Charleston Grill chef Michelle Weaver, who began preparing sandwiches at a deli at age 19 and eventually made her way to New England Culinary Institute, has always felt inspired in the kitchen. “I just love the energy that’s created by making people smile with something you created from your heart,” she says.
“Honestly, I didn’t like doing anything else!” laughs MariElena Raya, a Culinary Institute of America (CIA) grad who took over her dad’s restaurant, Robert’s of Charleston, where she worked throughout her tweens and teens. “I went to culinary school because I liked to cook and eat and I thought by the time I finished school, I would have a better plan. I just knew I liked being surrounded by something so simple as food, which can be changed into whatever you want it to be.”
On entering a male-dominated field:
MariElena Raya: “I knew that it would be less common to see a woman in the kitchen. I was one of only two women in my culinary school class of 20. But I liked the challenge: I liked being thought of as having a handicap, then surprising people by being good at manning a hot stove and mastering the butcher class.”
“As a farmer, I, like my sisters in F&B, am in a male-dominated profession,” says Celeste Albers, who with her husband, George, started the first certified organic farm in Charleston County in 1995 and the first CSA program a year later. “Farming is hard in an unrelenting way no matter who you are. I am fortunate to have a true partner in my husband. We complement each other in ability and mind-set. We both believe in what we do and are committed to each other and to the work.”
“I didn’t think about that at all—it was a pure gut decision,” says Chez Nous chef jill Mathias, who graduated from Johnson and Wales and has worked in kitchens in Puerto Rico, Seattle, and Martha’s Vineyard. “I found great pleasure in cooking and felt it was the one thing I might be good at.”
Karalee Nielsen Fallert, the dynamo behind numerous popular local eateries, says, “My mother has owned a construction company most of my life. I’ve rarely looked at the world through the lens of anything being male or female.”
“It was never an issue for me, either,” adds Michelle Weaver. “I was raised to be a strong, independent woman and to pursue a life that made me happy.”
Martha Lou Gadsden: “I didn’t consider it. When I decided to open Martha Lou’s, we didn’t have any restaurants on the north side of town. I knew it would be a challenge, but that was a chance I wanted to take.”

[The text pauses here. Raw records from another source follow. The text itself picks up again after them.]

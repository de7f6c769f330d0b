-- ===== src/Device/Handlers.antt =====
-- viewer/device.go's handlers and the identity of a request in viewer/auth.go. Reading the request's
-- body and whether the store answers are arguments; so is the verdict of the limiter of approvals.
use phimtor.Base.{
  ℕ, zero, suc, Bool, true, false, not, Option, none, some, List, [], ◌∷◌, length, ◌==◌,
  if◌then◌else◌,
}
use phimtor.Base.Bytes.{Bytes}
use phimtor.Session.{Signer, mint_device_token, read_bearer, read_session}
use phimtor.Device.{
  Device, Devices, Status, Letters, user_code_len, user_code_attempts, device_pairing_ttl,
  random_user_code, format_user_code, normalize_user_code, create_device_pairing, device_pairing,
  is_expired, approve_device_pairing, touch_device, revoke_device, device_active,
}

-- One round of `handleDeviceCode`: the random text, none where there is no randomness, and whether the
-- store answers.
pub record Attempt : Type 0 where
  pub random : Option Bytes
  pub store_answers : Bool

pub data CodeAnswer : Type 0 where
  started : Bytes → Bytes → CodeAnswer
  could_not_start : CodeAnswer
  no_code_left : CodeAnswer

pub data TokenAnswer : Type 0 where
  invalid_request : TokenAnswer
  server_error : TokenAnswer
  expired_token : TokenAnswer
  authorization_pending : TokenAnswer
  access_token : Bytes → TokenAnswer

pub data ApproveAnswer : Type 0 where
  too_many : ApproveAnswer
  invalid_body : ApproveAnswer
  bad_code : ApproveAnswer
  could_not_link : ApproveAnswer
  unknown_code : ApproveAnswer
  linked : ApproveAnswer

pub data RevokeAnswer : Type 0 where
  bad_device : RevokeAnswer
  could_not_unlink : RevokeAnswer
  unlinked : RevokeAnswer

-- At most 128 bytes of the device's name, which comes trimmed.
unfoldable pub clip_name : ℕ → Bytes → Bytes
clip_name zero name = []
clip_name (suc n) [] = []
clip_name (suc n) (c ∷ name) = c ∷ clip_name n name

-- The id of a column that may be NULL.
abbrev pub account : Option ℕ → ℕ
account none = 0
account (some user) = user

module _ (same : Bytes → Bytes → Bool) where
  -- `fuel` is the number of attempts that are left; the list is the rounds as they come, and where it
  -- ends there is no randomness.
  unfoldable pub code_loop : ℕ → List Attempt → ℕ → Bytes → Bytes → Devices → CodeAnswer × Devices
  unfolding random_user_code create_device_pairing
  code_loop zero attempts now device_code name t = (CodeAnswer.no_code_left, t)
  code_loop (suc fuel) [] now device_code name t = (CodeAnswer.could_not_start, t)
  code_loop (suc fuel) (a ∷ attempts) now device_code name t = elim (random_user_code a.random) [
    | none ↦ (CodeAnswer.could_not_start, t)
    | some code ↦
        let (made, t') =
          create_device_pairing same now device_code code name device_pairing_ttl t in
        let more = code_loop fuel attempts now device_code name t' in
        if not a.store_answers then (CodeAnswer.could_not_start, t) else elim made [
          | none ↦ more
          | some id ↦ (CodeAnswer.started device_code (format_user_code code), t')
        ]
  ]

  unfoldable pub handle_device_code :
      Option Bytes → List Attempt → ℕ → Bytes → Devices → CodeAnswer × Devices
  unfolding code_loop clip_name
  handle_device_code none attempts now name t = (CodeAnswer.could_not_start, t)
  handle_device_code (some device_code) attempts now name t =
      code_loop user_code_attempts attempts now device_code (clip_name 128 name) t

  -- The answer to a pairing that is approved, by its account. A failure to touch the row is only logged
  -- by the code, and not modelled.
  unfoldable pub account_answer :
      Signer → Bytes → ℕ → ℕ → Device → Devices → Option ℕ → TokenAnswer × Devices
  unfolding touch_device
  account_answer s key clock now d t none = (TokenAnswer.expired_token, t)
  account_answer s key clock now d t (some user) =
      (TokenAnswer.access_token (mint_device_token s key clock user d.id), touch_device now d.id t)

  -- `user_by_id` gives the account of an id that is not blocked, and none where the store does not
  -- answer.
  unfoldable pub approved_answer :
      Signer → Bytes → ℕ → (ℕ → Option ℕ) → ℕ → Device → Devices → TokenAnswer × Devices
  unfolding account_answer
  approved_answer s key clock user_by_id now d t =
      account_answer s key clock now d t (user_by_id (account d.user_id))

  unfoldable pub status_answer :
      Signer → Bytes → ℕ → (ℕ → Option ℕ) → ℕ → Device → Devices → Status → TokenAnswer × Devices
  unfolding approved_answer
  status_answer s key clock user_by_id now d t Status.pending =
      if is_expired same now d
      then (TokenAnswer.expired_token, t)
      else (TokenAnswer.authorization_pending, t)
  status_answer s key clock user_by_id now d t Status.approved =
      approved_answer s key clock user_by_id now d t
  status_answer s key clock user_by_id now d t Status.revoked = (TokenAnswer.expired_token, t)

  unfoldable pub token_answer :
      Signer → Bytes → ℕ → (ℕ → Option ℕ) → ℕ → Option Device → Devices → TokenAnswer × Devices
  unfolding status_answer
  token_answer s key clock user_by_id now none t = (TokenAnswer.expired_token, t)
  token_answer s key clock user_by_id now (some d) t =
      status_answer s key clock user_by_id now d t d.status

  -- `clock` is the server's clock, and `now` the database's.
  unfoldable pub handle_device_token :
      Signer
      → Bytes
      → ℕ
      → (ℕ → Option ℕ)
      → Bool
      → ℕ
      → Option Bytes
      → Devices
      → TokenAnswer × Devices
  unfolding token_answer device_pairing
  handle_device_token s key clock user_by_id store_answers now none t =
      (TokenAnswer.invalid_request, t)
  handle_device_token s key clock user_by_id store_answers now (some []) t =
      (TokenAnswer.invalid_request, t)
  handle_device_token s key clock user_by_id store_answers now (some (c ∷ code)) t =
      if not store_answers
      then (TokenAnswer.server_error, t)
      else token_answer s key clock user_by_id now (device_pairing same (c ∷ code) t.rows) t

  unfoldable pub handle_device_approve :
      Letters → Bool → Bool → ℕ → ℕ → Option Bytes → Devices → ApproveAnswer × Devices
  unfolding normalize_user_code approve_device_pairing
  handle_device_approve u allowed store_answers now user none t =
      if not allowed then (ApproveAnswer.too_many, t) else (ApproveAnswer.invalid_body, t)
  handle_device_approve u allowed store_answers now user (some text) t =
      let code = normalize_user_code u text in
      let (ok, t') = approve_device_pairing same now code user t in
      if not allowed
      then (ApproveAnswer.too_many, t)
      else if not (length code == user_code_len)
      then (ApproveAnswer.bad_code, t)
      else if not store_answers
      then (ApproveAnswer.could_not_link, t)
      else if not ok
      then (ApproveAnswer.unknown_code, t')
      else (ApproveAnswer.linked, t')

-- The id is none where the path holds no number.
unfoldable pub handle_device_revoke : Bool → Option ℕ → ℕ → Devices → RevokeAnswer × Devices
unfolding revoke_device
handle_device_revoke store_answers none user t = (RevokeAnswer.bad_device, t)
handle_device_revoke store_answers (some device) user t =
    if not store_answers
    then (RevokeAnswer.could_not_unlink, t)
    else (RevokeAnswer.unlinked, revoke_device device user t)

-- The device is the one of the request, none for a browser.
unfoldable pub handle_device_logout : Bool → Option ℕ → ℕ → Devices → RevokeAnswer × Devices
unfolding revoke_device
handle_device_logout store_answers none user t = (RevokeAnswer.bad_device, t)
handle_device_logout store_answers (some device) user t =
    if not store_answers
    then (RevokeAnswer.could_not_unlink, t)
    else (RevokeAnswer.unlinked, revoke_device device user t)

-- The account and the device of a television's token, while it is paired.
unfoldable pub device_user : Signer → Bytes → ℕ → Bool → Bytes → Devices → Option (ℕ × ℕ)
unfolding device_active
device_user s key clock store_answers raw t = elim (read_bearer s key clock raw) [
  | none ↦ none
  | some (user, device) ↦
      if store_answers
      then (if device_active device user t.rows then some (user, device) else none)
      else none
]

-- Who a request is from.
pub record Identity : Type 0 where
  pub user : Option ℕ
  pub device : Option ℕ
  pub clears_session : Bool

abbrev pub anonymous : Identity
anonymous = record { user = none; device = none; clears_session = false }

-- What the store says of an account: none where it does not answer, and then whether it is there and
-- not blocked.
abbrev pub identified : Option ℕ → Option (Option ℕ) → Identity
identified device none = anonymous
identified device (some none) = record { user = none; device = none; clears_session = true }
identified device (some (some user)) = record {
  user = some user;
  device = device;
  clears_session = false;
}

-- Where accounts are configured.
unfoldable pub current_user :
    Signer → Bytes → ℕ → Bool → (ℕ → Option (Option ℕ)) → Option Bytes → Bytes → Devices → Identity
unfolding device_user
current_user s key clock store_answers user_by_id cookie raw t =
    elim (read_session s key clock cookie) [
      | none ↦ elim (device_user s key clock store_answers raw t) [
        | none ↦ anonymous
        | some (user, device) ↦ identified (some device) (user_by_id user)
      ]
      | some user ↦ identified none (user_by_id user)
    ]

On challenges and making their voices heard:
“People sometimes assume that I don’t know what I am talking about because I am young and female,” says Cappie Peete. That assumption couldn’t be more off-base: the accomplished beverage director at McCrady’s and Minero worked her way up from server assistant and will be taking the Master Sommelier’s theory exam this spring. “On an almost nightly basis, when the servers offer the sommelier’s assistance in choosing wine, the guest says, ‘Sure, send him over.’ But a huge part of being in the service industry is being patient and humble, so I just keep doing my job and proving that I do know what I am talking about!”
“Physically the work is hard, and mentally it can be somewhat isolating, especially in the pastry world,” says Lauren Mitterer, a CIA baking and pastry grad and James Beard nominee who worked at Tavern on the Green in New York City, Larkspur in Vail, and Red Drum in Mount Pleasant before opening her own celebrated bakery, WildFlour, on Spring Street. “If you work hard, it doesn’t matter if you’re a woman or a man, you’re respected.”
Michelle Weaver: “The industry is physically and mentally taxing on everyone. However, I have noticed on occasion that if a man is demanding, assertive, and tough, he is considered ‘passionate and driven.’ But if a woman displays these traits, she is ‘difficult and emotional.’ I don’t let it stand in the way of what I want.”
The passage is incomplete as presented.